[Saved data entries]
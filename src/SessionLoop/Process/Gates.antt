-- ===== src/SessionLoop/Process/Gates.antt =====
-- What has been verified of a delivery that the state machine sees, and what a turn has passed.
use code_workflow.Prelude.{ℕ, String, ◌≡◌, refl, sym, ap, ◌∙◌, true, false, none, inl, inr, lower}
use code_workflow.Fsm.{EventKind, merge_authorized}
use code_workflow.Routing.{RouteAction, drop, route, defer, route_for_recipient}
use code_workflow.Routing.Rules.{paused_route}
use code_workflow.SessionLoop.Privileges.{is_privileged, event_kind-unprivileged}
use code_workflow.SessionLoop.Process.{Incoming, World, next, ◌▷◌, Outside, TurnRequest}
use code_workflow.SessionLoop.Process.Outcomes.{Next, itself-Next, ▷-Post, Post-weaken, at_next}
use code_workflow.SessionLoop.Process.Events.{Classified, is_review_part}
use code_workflow.SessionLoop.Process.Approvals.{check_design, check_feature}
use code_workflow.SessionLoop.Process.Merges.{check_merge}
use code_workflow.SessionLoop.Process.Route.{
  Routed, routed, route_delivery, request_of, recipient_of,
}
use code_workflow.SessionLoop.Process.Heads.{Headed, headed, check_heads}
use code_workflow.SessionLoop.Process.Step.{next_state, turn_of, step_delivery, is_drop}
use code_workflow.SessionLoop.Process.EntryGates.{Entered}
use code_workflow.SessionLoop.Process.ApprovalGates.{
  Shown, verified_delivery-Shown, check_merge-Next,
}
use code_workflow.SessionLoop.Process.RouteGates.{is_defer, route_delivery-Next, check_heads-Next}
use code_workflow.SessionLoop.Process.StepGates.{Passed, step_delivery-Passed}
use code_workflow.SessionLoop.Process.Whole.{verified_delivery, decide_turn}

module _ (o : Outside) where
  kind_unprivileged : (e : Incoming) (c : Classified) → Entered o e c → is_privileged c.kind ≡ false
  kind_unprivileged e c (same, (part, from)) =
      let i = c.taken.incoming in
      ap (λ x. is_privileged x.kind) from
      ∙ event_kind-unprivileged i.event i.action i.parts i.sender o.owner

  Shown-verified :
      (e : Incoming) (d : Classified)
      → Shown o e d
      → (d.taken.incoming ≡ e)
        × ((d.kind ≡ merge_authorized → (check_feature o d.taken).ok ≡ true)
            × (d.kind ≡ EventKind.design_approved → (check_design o d.taken).ok ≡ true))
  Shown-verified e d (c, (entered, (taken, inl same))) =
      let plain : is_privileged d.kind ≡ false =
        ap is_privileged same ∙ kind_unprivileged e c entered in
      (
        ap (λ t. t.incoming) taken ∙ entered.0,
        ((λ k. absurd (cc (k, plain))), (λ k. absurd (cc (k, plain)))),
      )
  Shown-verified e d (c, (entered, (taken, inr (inl (kind, ok))))) =
      (ap (λ t. t.incoming) taken ∙ entered.0, ((λ k. absurd (cc (k, kind))), (λ k. rw taken ok)))
  Shown-verified e d (c, (entered, (taken, inr (inr (kind, ok))))) =
      (ap (λ t. t.incoming) taken ∙ entered.0, ((λ k. rw taken ok), (λ k. absurd (cc (k, kind)))))

-- A delivery that the checks before the state machine hand on is the one that was taken up; its kind
-- is `merge_authorized` only if `verify_feature_merge` has said ok of it, and `design_approved` only if
-- `verify_design_approval` has.
pub verified_delivery_ok :
    (o : Outside) (e : Incoming) (w w' : World) (d : Classified)
    → verified_delivery o e w ≡ next d w'
    → (d.taken.incoming ≡ e)
      × ((d.kind ≡ merge_authorized → (check_feature o d.taken).ok ≡ true)
          × (d.kind ≡ EventKind.design_approved → (check_design o d.taken).ok ≡ true))
verified_delivery_ok o e w w' d h =
    Shown-verified o e d (at_next (verified_delivery o e w) d w' (verified_delivery-Shown o e w) h)

kept_route : (a : RouteAction) → is_defer a ≡ false → is_drop a ≡ false → a ≡ route
kept_route drop k d = absurd (cc d)
kept_route route k d = refl
kept_route defer k d = absurd (cc k)

-- What the steps before the state machine make of the delivery.
abbrev pub IsShown : Outside → Incoming → World → Classified → World → Type 0
IsShown o e w c v = verified_delivery o e w ≡ next c v

-- A classified delivery with its routing.
abbrev pub routing : Outside → Classified → Headed
routing o c = headed (routed o c) none

module _ (o : Outside) (e : Incoming) (w : World) where
  -- A delivery that was routed, and not put off.
  abbrev RoutedFrom : Routed → Type 0
  RoutedFrom r =
      (c : Classified) × ((v : World) × ((IsShown o e w c v × Shown o e c)
          × ((r ≡ routed o c) × (is_defer (routed o c).decision.action ≡ false))))

  pub decide_turn_stages : decide_turn o e w ≡ (
      verified_delivery o e w ▷ check_merge o ▷ route_delivery o ▷ check_heads o ▷ step_delivery o)
  unfolding decide_turn
  decide_turn_stages = refl

  stages-RoutedFrom :
      Next
        (λ t v.
          (h : Headed) × ((t ≡ turn_of h) × (RoutedFrom h.routed × Passed o h v.role_busy_until)))
        (verified_delivery o e w
          ▷ check_merge o
          ▷ route_delivery o
          ▷ check_heads o
          ▷ step_delivery o)
  stages-RoutedFrom =
      let merged =
        ▷-Post {Q = λ c x. (v : World) × (IsShown o e w c v × Shown o e c)}
          (verified_delivery o e w) (check_merge o)
          (itself-Next (verified_delivery o e w) (verified_delivery-Shown o e w))
          (λ d v s. Post-weaken (check_merge-Next o d v) (λ c x p. rw p (v, s))) in
      let routed' =
        ▷-Post {Q = λ r x. RoutedFrom r} _ (route_delivery o) merged
          (λ c v s. Post-weaken (route_delivery-Next o c v) (λ r x p. (c, (s.0, (s.1, p))))) in
      let looked =
        ▷-Post {Q = λ h x. RoutedFrom h.routed} _ (check_heads o) routed'
          (λ r v s. Post-weaken (check_heads-Next o r v) (λ h x p. rw p s)) in
      ▷-Post _ (step_delivery o) looked
        (λ h v s. Post-weaken (step_delivery-Passed o h v) (λ t x p. (h, (p.0, (s, p.1)))))

-- The gates read the routing only.
routing-Passed :
    (o : Outside) (h : Headed) (r : Routed) (t : TurnRequest) (busy : String → ℕ)
    → h.routed ≡ r
    → t ≡ turn_of h
    → Passed o h busy
    → (t ≡ turn_of (headed r none)) × Passed o (headed r none) busy
unfolding next_state
routing-Passed o h r t busy same turn passed = rw (← same) (turn, passed)

-- A delivery that calls for a turn is handed on by the checks before the state machine, as the one that
-- was taken up, and is no part of a review. The turn is that of its routing, which is to route; the
-- session's state after its transition is not terminal, no close-reconcile hold is on it, and the hold
-- of the turn's role is over.
pub decide_turn_gates :
    (o : Outside) (e : Incoming) (w w' : World) (t : TurnRequest)
    → decide_turn o e w ≡ next t w'
    → (c : Classified) × ((v : World) × (IsShown o e w c v
          × ((c.taken.incoming ≡ e)
              × ((is_review_part e.event ≡ false)
                  × (((route_for_recipient (request_of o c (recipient_of o c))).action ≡ route)
                      × ((t ≡ turn_of (routing o c))
                          × Passed o (routing o c) w'.role_busy_until))))))
decide_turn_gates o e w w' t eq =
    let (h, (turn, (from, passed))) =
      at_next _ t w' (stages-RoutedFrom o e w) (sym (decide_turn_stages o e w) ∙ eq) in
    let (c, (v, ((shown, (d, (entered, how))), (same, kept)))) = from in
    let (turn', passed') = routing-Passed o h (routed o c) t w'.role_busy_until same turn passed in
    (
      c,
      (
        v,
        (
          shown,
          (
            (Shown-verified o e c (d, (entered, how))).0,
            (
              entered.1.0,
              (kept_route (routed o c).decision.action kept passed'.1.1.1, (turn', passed')),
            ),
          ),
        ),
      ),
    )

-- If the session was paused when the delivery was classified, a turn is only for what the owner sent.
pub paused_turn :
    (o : Outside) (e : Incoming) (w w' v : World) (t : TurnRequest) (c : Classified)
    → decide_turn o e w ≡ next t w'
    → verified_delivery o e w ≡ next c v
    → c.paused ≡ true
    → lower e.sender ≡ lower o.owner
paused_turn o e w w' v t c eq shown paused =
    let (d, (u, (shown', (same, (part, (action, passed)))))) = decide_turn_gates o e w w' t eq in
    let one : d ≡ c = cc (shown, shown') in
    ap (λ i. lower i.sender) (sym same)
    ∙ paused_route (request_of o d (recipient_of o d)) (ap (λ x. x.paused) one ∙ paused) action
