-- ===== src/SessionLoop/Process/Retries.antt =====
-- Turns that keep failing to start, and merges that keep being refused for now.
use code_workflow.Prelude.{
  ℕ, zero, suc, ◌≤◌, ◌<◌, String, ◌≡◌, refl, ap, ◌∙◌, arith, str_eq, eq_iff, ltb, lt→ltb, true,
}
use code_workflow.Prelude.Split.{◌+++◌}
use code_workflow.Prelude.Decimal.{decimal}
use code_workflow.SessionLoop.Process.{
  World, Outcome, finished, Outside, TurnRequest, escalate_done, count_at,
}
use code_workflow.SessionLoop.Process.Dispatch.{retry_or_give_up, set_attempts}
use code_workflow.SessionLoop.Process.Events.{Classified}
use code_workflow.SessionLoop.Process.Approvals.{transient_refusal, forget_attempts}
use code_workflow.Verify.{ApprovalCheck}

count_at_key : (key : String) (n : ℕ) (counts : String → ℕ) → count_at key n counts key ≡ n
count_at_key key n counts =
    let same : str_eq key key ≡ true = (eq_iff key key).1 refl in rw same refl

-- A step, once more where the delivery was left as it is.
abbrev pub again : {A : Type 0} → (World → Outcome A) → Outcome A → Outcome A
again step (finished w) = step w
again step x = x

-- A number of such steps, one for each time that the delivery is taken up.
abbrev pub tries : {A : Type 0} → (World → Outcome A) → ℕ → World → Outcome A
tries step zero w = finished w
tries step (suc k) w = again step (tries step k w)

module _ {A : Type 0} (step : World → Outcome A) (count : World → ℕ)
    (keeps : (w : World)
      → count w < 4
      → (v : World) × ((step w ≡ finished v)
          × ((v.store ≡ w.store) × (count v ≡ suc (count w))))) where
  tries_kept :
      (k : ℕ) (w : World)
      → count w ≡ 0
      → k ≤ 4
      → (v : World) × ((tries step k w ≡ finished v) × ((v.store ≡ w.store) × (count v ≡ k)))
  tries_kept zero w e h = (w, (refl, (refl, e)))
  tries_kept (suc k) w e h =
      let (v, (ran, (same, counted))) = tries_kept k w e (omega arith) in
      let (u, (ran', (same', counted'))) = keeps v (omega (arith, counted)) in
      (u, (ap (again step) ran ∙ ran', (same' ∙ same, counted' ∙ ap suc counted)))

module _ (o : Outside) (reason : String) (t : TurnRequest) where
  abbrev dispatch_count : World → ℕ
  dispatch_count w = w.delivery_attempts t.incoming.delivery_id

  retry_kept :
      (w : World)
      → dispatch_count w < 4
      → (v : World) × ((retry_or_give_up o reason t w ≡ finished v)
          × ((v.store ≡ w.store) × (dispatch_count v ≡ suc (dispatch_count w))))
  retry_kept w h =
      let id = t.incoming.delivery_id in
      let n = suc (w.delivery_attempts id) in
      let less : ltb n 5 ≡ true = lt→ltb n 5 (omega arith) in
      (set_attempts t.incoming n w, (rw less refl, (refl, count_at_key id n w.delivery_attempts)))

  retry_last :
      (w : World)
      → dispatch_count w ≡ 4
      → (v : World) × ((retry_or_give_up o reason t w
            ≡ escalate_done o t.session_key
                ("dispatch still failing after " +++ decimal 5 +++ " attempts: " +++ reason)
                t.incoming
                v)
          × ((v.store ≡ w.store) × (dispatch_count v ≡ 0)))
  retry_last w e = (
    set_attempts t.incoming 0 w,
    (rw e refl, (refl, count_at_key t.incoming.delivery_id 0 w.delivery_attempts)),
  )

  -- A turn that keeps failing to start leaves its delivery four times as it is, with nothing stored;
  -- the fifth failure escalates, ends the delivery and forgets the count, which starts at 0.
  pub dispatch_gives_up :
      (w : World)
      → w.delivery_attempts t.incoming.delivery_id ≡ 0
      → ((k : ℕ)
          → k ≤ 4
          → (v : World) × ((tries (retry_or_give_up o reason t) k w ≡ finished v)
              × (v.store ≡ w.store)))
        × ((v : World) × ((tries (retry_or_give_up o reason t) 5 w
                ≡ escalate_done o t.session_key
                    ("dispatch still failing after " +++ decimal 5 +++ " attempts: " +++ reason)
                    t.incoming
                    v)
              × ((v.store ≡ w.store) × (v.delivery_attempts t.incoming.delivery_id ≡ 0))))
  dispatch_gives_up w e =
      let step = retry_or_give_up o reason t in
      let kept = tries_kept step dispatch_count retry_kept in
      let (v, (ran, (same, counted))) = kept 4 w e (omega arith) in
      let (u, (gave, (same', reset))) = retry_last v counted in
      (
        (λ k h. let (x, (tried, (stays, n))) = kept k w e h in (x, (tried, stays))),
        (u, (ap (again step) ran ∙ gave, (same' ∙ same, reset))),
      )

module _ (o : Outside) (c : Classified) (check : ApprovalCheck) where
  abbrev merge_count : World → ℕ
  merge_count w = w.merge_auth_attempts c.taken.incoming.delivery_id

  refusal_kept :
      (w : World)
      → merge_count w < 4
      → (v : World) × ((transient_refusal o c check w ≡ finished v)
          × ((v.store ≡ w.store) × (merge_count v ≡ suc (merge_count w))))
  refusal_kept w h =
      let id = c.taken.incoming.delivery_id in
      let n = suc (w.merge_auth_attempts id) in
      let less : ltb n 5 ≡ true = lt→ltb n 5 (omega arith) in
      (
        record w { merge_auth_attempts = count_at id n w.merge_auth_attempts },
        (rw less refl, (refl, count_at_key id n w.merge_auth_attempts)),
      )

  refusal_last :
      (w : World)
      → merge_count w ≡ 4
      → (v : World) × ((transient_refusal o c check w
            ≡ escalate_done o c.taken.session_key
                ("feature merge authorization still not ready after "
                  +++ decimal 5
                  +++ " attempts (was transient): "
                  +++ o.reason_text check.reason)
                c.taken.incoming
                v)
          × ((v.store ≡ w.store) × (merge_count v ≡ 0)))
  refusal_last w e = (
    forget_attempts c.taken.incoming w,
    (rw e refl, (refl, count_at_key c.taken.incoming.delivery_id 0 w.merge_auth_attempts)),
  )

  -- A merge that is refused for now leaves its delivery four times as it is, with nothing stored; the
  -- fifth refusal escalates, ends the delivery and forgets the count, which starts at 0.
  pub merge_gives_up :
      (w : World)
      → w.merge_auth_attempts c.taken.incoming.delivery_id ≡ 0
      → ((k : ℕ)
          → k ≤ 4
          → (v : World) × ((tries (transient_refusal o c check) k w ≡ finished v)
              × (v.store ≡ w.store)))
        × ((v : World) × ((tries (transient_refusal o c check) 5 w
                ≡ escalate_done o c.taken.session_key
                    ("feature merge authorization still not ready after "
                      +++ decimal 5
                      +++ " attempts (was transient): "
                      +++ o.reason_text check.reason)
                    c.taken.incoming
                    v)
              × ((v.store ≡ w.store) × (v.merge_auth_attempts c.taken.incoming.delivery_id ≡ 0))))
  merge_gives_up w e =
      let step = transient_refusal o c check in
      let kept = tries_kept step merge_count refusal_kept in
      let (v, (ran, (same, counted))) = kept 4 w e (omega arith) in
      let (u, (gave, (same', reset))) = refusal_last v counted in
      (
        (λ k h. let (x, (tried, (stays, n))) = kept k w e h in (x, (tried, stays))),
        (u, (ap (again step) ran ∙ gave, (same' ∙ same, reset))),
      )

> **WORK REQUIRED**:
Of the entries listed above, reproduce only the lines starting at the line containing "-- The gates read the routing only." and ending at the line containing "(kept_route (routed o". Include both, exactly as they stand.

> **OUTPUT FOR THIS EXERCISE**:
-- The gates read the routing only.
routing-Passed :
    (o : Outside) (h : Headed) (r : Routed) (t : TurnRequest) (busy : String → ℕ)
    → h.routed ≡ r
    → t ≡ turn_of h
    → Passed o h busy
    → (t ≡ turn_of (headed r none)) × Passed o (headed r none) busy
unfolding next_state
routing-Passed o h r t busy same turn passed = rw (← same) (turn, passed)

-- A delivery that calls for a turn is handed on by the checks before the state machine, as the one that
-- was taken up, and is no part of a review. The turn is that of its routing, which is to route; the
-- session's state after its transition is not terminal, no close-reconcile hold is on it, and the hold
-- of the turn's role is over.
pub decide_turn_gates :
    (o : Outside) (e : Incoming) (w w' : World) (t : TurnRequest)
    → decide_turn o e w ≡ next t w'
    → (c : Classified) × ((v : World) × (IsShown o e w c v
          × ((c.taken.incoming ≡ e)
              × ((is_review_part e.event ≡ false)
                  × (((route_for_recipient (request_of o c (recipient_of o c))).action ≡ route)
                      × ((t ≡ turn_of (routing o c))
                          × Passed o (routing o c) w'.role_busy_until))))))
decide_turn_gates o e w w' t eq =
    let (h, (turn, (from, passed))) =
      at_next _ t w' (stages-RoutedFrom o e w) (sym (decide_turn_stages o e w) ∙ eq) in
    let (c, (v, ((shown, (d, (entered, how))), (same, kept)))) = from in
    let (turn', passed') = routing-Passed o h (routed o c) t w'.role_busy_until same turn passed in
    (
      c,
      (
        v,
        (
          shown,
          (
            (Shown-verified o e c (d, (entered, how))).0,
            (
              entered.1.0,
              (kept_route (routed o c).decision.action kept passed'.1.1.1, (turn', passed')),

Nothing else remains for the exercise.